Scientists use the ultrahigh resolution and magnification range of electron microscopy to observe nanoscale details of both surfaces and internal structures of a wide range of materials. When preparing a cross section of a sample to reveal the internal structure, they need to consider the properties of the samples and be aware of their potential to crumble or melt or change due to exposure to air. Some samples are composites with layers of different materials, both hard and soft, and they can also range in sensitivity to temperature and exposure to air.

Creating a pristine cross section to see internal structuring for such samples is not as simple as cutting with a sharp razor blade, polishing with sandpaper, or using a microtome. None of these options work without smearing or crumbling of coatings and complex internal layers, and also adding artifacts. For this purpose, JEOL developed an ion beam milling system that could create pristine samples of coated papers, powders, and metals, plus a cooled ion beam milling system with special handling for air-sensitive samples like lithium ion batteries.

Here we look at three types of samples that require a more precise cross sectioning technique than traditional methods: Lithium Ion battery, pharmaceutical tablet, and Zn thin film. For each, scientists need to examine a very thin multilayered “sandwich” of different materials.
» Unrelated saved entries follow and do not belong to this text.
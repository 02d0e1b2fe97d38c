-- ===== src/Slab/Effect.antt =====
-- What a write to one stack of toccata-core/src/rseq/slab.rs changes: the fields of every other stack
-- keep their values, because no two fields share an address.
use toccata.Base.{ℕ, ◌<◌, ◌≡◌, ◌≢◌, inl, inr, refl, sym, ap, arith, update, ◌==◌, Bool-cases}
use toccata.Slab.{SlabLayout, Memory}
use toccata.Slab.Geometry.{
  IsLaidOut, Field, head, capacity, word, slot, IsField, place, place-injective,
}

-- The number of a slot.
abbrev number : Field → ℕ
number (slot i) = i
number f = 0

module _ {l : SlabLayout} {cap : ℕ → ℕ} (v : IsLaidOut l cap) (cpu c : ℕ)
    (cc : c < l.classes.len) where
  -- `m` becomes `n`, where only one stack has changed: to `top` objects in the slots `s`, with the
  -- lock word `w`.
  pub record Sets (m : Memory) (top : ℕ) (s : ℕ → ℕ) (w : ℕ) (n : Memory) : Type 0 where
    pub others :
        (j d : ℕ) (f : Field)
        → d < l.classes.len
        → IsField (cap d) f
        → (cpu ≡ j → c ≢ d)
        → n (place l j d f) ≡ m (place l j d f)
    pub top_is : n (place l cpu c head) ≡ top
    pub word_is : n (place l cpu c word) ≡ w
    pub room : n (place l cpu c capacity) ≡ m (place l cpu c capacity)
    pub slots_are : (i : ℕ) → i < cap c → n (place l cpu c (slot i)) ≡ s i

  other_field :
      (f g : Field)
      → IsField (cap c) f
      → IsField (cap c) g
      → f ≢ g
      → place l cpu c f ≢ place l cpu c g
  other_field f g p q ne e = ne (place-injective l cap v cpu cpu c c f g cc cc p q e).2

  other_stack :
      (j d : ℕ) (f g : Field)
      → d < l.classes.len
      → IsField (cap c) f
      → IsField (cap d) g
      → (cpu ≡ j → c ≢ d)
      → place l j d g ≢ place l cpu c f
  other_stack j d f g h p q ne e =
      let (i, k, _) = place-injective l cap v cpu j c d f g cc h p q (sym e) in ne i k

  pub Sets-refl :
      (m : Memory)
      → Sets m (m (place l cpu c head)) (λ i. m (place l cpu c (slot i))) (m (place l cpu c word)) m
  Sets-refl m = record {
    others = λ j d f h q ne. refl;
    top_is = refl;
    word_is = refl;
    room = refl;
    slots_are = λ i h. refl;
  }

  module _ {m : Memory} {top : ℕ} {s : ℕ → ℕ} {w : ℕ} {n : Memory} (e : Sets m top s w n) where
    pub Sets-word : (x : ℕ) → Sets m top s x (update n (place l cpu c word) x)
    unfolding IsField
    Sets-word x = record {
      others =
          λ j d f h q ne. ground (arith, other_stack j d word f h tt q ne, e.others j d f h q ne);
      top_is = ground (arith, other_field head word tt tt _, e.top_is);
      word_is = ground arith;
      room = ground (arith, other_field capacity word tt tt _, e.room);
      slots_are = λ i h. ground (arith, other_field (slot i) word h tt _, e.slots_are i h);
    }

    pub Sets-head : (x : ℕ) → Sets m x s w (update n (place l cpu c head) x)
    unfolding IsField
    Sets-head x = record {
      others =
          λ j d f h q ne. ground (arith, other_stack j d head f h tt q ne, e.others j d f h q ne);
      top_is = ground arith;
      word_is = ground (arith, other_field word head tt tt _, e.word_is);
      room = ground (arith, other_field capacity head tt tt _, e.room);
      slots_are = λ i h. ground (arith, other_field (slot i) head h tt _, e.slots_are i h);
    }

    slot_is :
        (k x : ℕ)
        → k < cap c
        → (i : ℕ) → i < cap c
        → update n (place l cpu c (slot k)) x (place l cpu c (slot i)) ≡ update s k x i
    unfolding IsField
    slot_is k x b i h = elim (Bool-cases (i == k)) [
      | inl t ↦ let same : i ≡ k = ground (arith, t) in rw same (ground arith)
      | inr f ↦
          let apart : slot i ≢ slot k = λ q. ground (arith, f, ap number q) in
          ground (arith, f, other_field (slot i) (slot k) h b apart, e.slots_are i h)
    ]

    pub Sets-slot :
        (k x : ℕ) → k < cap c → Sets m top (update s k x) w (update n (place l cpu c (slot k)) x)
    unfolding IsField
    Sets-slot k x b = record {
      others = λ j d f h q ne.
          ground (arith, other_stack j d (slot k) f h b q ne, e.others j d f h q ne);
      top_is = ground (arith, other_field head (slot k) tt b _, e.top_is);
      word_is = ground (arith, other_field word (slot k) tt b _, e.word_is);
      room = ground (arith, other_field capacity (slot k) tt b _, e.room);
      slots_are = λ i h. slot_is k x b i h;
    }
Temperature and Air-Sensitive Lithium Ion Batteries

The basic structure of Lithium Ion batteries (LIB) contains as many as 10 different thin films and at least that many solid−solid interfaces. These interfaces consist of thin layers of cathode material, insulating barriers, anode materials, metal current collectors, and the electrolyte. These various components are in the form of powders, sheets, and fluids and require assessment before and after assembly and after repeated charge/discharge operations. Researchers who are correlating electrochemical behavior to what is physically happening within the cell need to study the 3D microstructure of the battery components as well as the interfaces formed between those layers.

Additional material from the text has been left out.